A physical hazard is an agent, factor or circumstance that can cause harm with contact. They can be classified as type of occupational hazard or environmental hazard. Physical hazards include ergonomic hazards, radiation, heat and cold stress, vibration hazards, and noise hazards. Engineering controls are often used to mitigate physical hazards.

Physical hazards are a common source of injuries in many industries. They are perhaps unavoidable in certain industries, such as construction and mining, but over time people have developed safety methods and procedures to manage the risks of physical danger in the workplace. Employment of children may pose special problems.

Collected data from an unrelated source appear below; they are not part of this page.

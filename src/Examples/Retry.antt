-- ===== src/Examples/Retry.antt =====
-- Inputs for retry and backoff: a function that fails twice and then succeeds.
use icinga_go_library.Prelude.{
  ℕ, ◌+◌, ◌*◌, ◌/◌, ◌<◌, ◌≤◌, Bool, true, false, ◌≡◌, refl, pos, List, [], ◌∷◌, ◌++◌, some, none,
  length, take, arith, ◌==◌,
}
use icinga_go_library.Backoff.{Policy, new_exponential_with_jitter, base_delay, backoff}
use icinga_go_library.Backoff.Bounds.{backoff-lt-max, backoff_total}
use icinga_go_library.Retry.{Settings, Round, slept, timer_fired, with_backoff}
use icinga_go_library.Retry.Rounds.{AreRetried, with_backoff-AreRetried, rounds-with_backoff_timer}
use icinga_go_library.Retry.Results.{
  last_round, before_last, has_fired, last_error, Explains, with_backoff-Explains,
}
use icinga_go_library.Retry.Callbacks.{sleeps, successes, delays, owed, with_backoff_calls}

abbrev policy : Policy
policy = record { min = 1000000; max = 1000000000 }

abbrev settings : Settings
settings = record { timeout = pos 300; on_retryable_error = true; on_success = true }

-- only the error 1 is retryable
abbrev retryable : ℕ → Bool
retryable e = e == 1

abbrev delay : ℕ → ℕ
delay n = n * 10

abbrev failing : Round ℕ
failing = record { outcome = some 1; context = none; expired = false; wake = slept }

abbrev late : Round ℕ
late = record { outcome = some 1; context = none; expired = false; wake = timer_fired }

abbrev succeeding : Round ℕ
succeeding = record { outcome = none; context = none; expired = false; wake = slept }

abbrev rounds : List (Round ℕ)
rounds = failing ∷ late ∷ succeeding ∷ []

three_rounds : (with_backoff retryable delay settings rounds).rounds ≡ 3
unfolding with_backoff
three_rounds = refl

backoff-lt-max_example :
    (base_delay policy 3 / 2 ≤ 4000123) × (4000123 < base_delay policy 3) × (4000123 < policy.max)
backoff-lt-max_example =
    backoff-lt-max (pos 1000000) (pos 1000000000) {p = policy} 3 123 {d = 4000123}
      (unfold new_exponential_with_jitter in refl) (unfold backoff in refl)

backoff_total_example : (d : ℕ) × (backoff policy 1 77 ≡ some d)
backoff_total_example =
    backoff_total (pos 1000000) (pos 1000000000) {p = policy} 0 77
      (unfold new_exponential_with_jitter in refl)

with_backoff-AreRetried_example : AreRetried retryable settings false (take 2 rounds)
with_backoff-AreRetried_example =
    with_backoff-AreRetried retryable delay settings rounds 2 (unfold with_backoff in omega arith)

-- The timer runs out in the first sleep, so that the second failure is the end.
abbrev overdue : List (Round ℕ)
overdue = late ∷ failing ∷ succeeding ∷ []

with_backoff-Explains_example :
    (r : Round ℕ) × (last_round (with_backoff retryable delay settings overdue).rounds overdue
      ≡ some r)
    × Explains retryable settings
        (has_fired (before_last (with_backoff retryable delay settings overdue).rounds overdue))
        (last_error none
          (before_last (with_backoff retryable delay settings overdue).rounds overdue))
        r
        (with_backoff retryable delay settings overdue).result
with_backoff-Explains_example =
    with_backoff-Explains retryable delay settings overdue (unfold with_backoff in λ e. cc)

rounds-with_backoff_timer_example :
    (with_backoff retryable delay settings ((failing ∷ []) ++ late ∷ failing ∷ failing ∷ [])).rounds
    ≤ 3
rounds-with_backoff_timer_example =
    rounds-with_backoff_timer retryable delay settings (failing ∷ []) late (failing ∷ failing ∷ [])
      refl refl

with_backoff_calls_example :
    let run = with_backoff retryable delay settings rounds in
    (sleeps run.calls ≡ delays delay 1 (length (sleeps run.calls)))
    × (run.rounds ≤ length (sleeps run.calls) + 1)
    × (length (sleeps run.calls) ≤ run.rounds)
    × (successes run.calls ≡ owed settings run.result)
with_backoff_calls_example = with_backoff_calls retryable delay settings rounds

A physical hazard is also a naturally occurring process that has the potential to create loss or damage. Physical hazards include earthquakes, floods, fires, and tornadoes. Physical hazards often have both human and natural elements. For example, flood problems can be affected by the natural elements of climate fluctuations and storm frequency, and by land drainage and building in a flood plain, human elements. Geomagnetic storms can disrupt or damage technological infrastructure, and disorient species with magnetoception. Another physical hazard, X-rays, naturally occur from solar radiation, but have also been utilized by humans for medical purposes; however, overexposure can lead to cancer, skin burns, and tissue damage.

== Falls ==

Falls are a common cause of occupational injuries and fatalities, especially in construction, extraction, transportation, healthcare, and building cleaning and maintenance. Circumstances like floor holes and wall opening, misused fall protection, slippery, cluttered, or unstable walking surfaces, unprotected edges and unsafely situated ladders are associated with occupational fall injuries.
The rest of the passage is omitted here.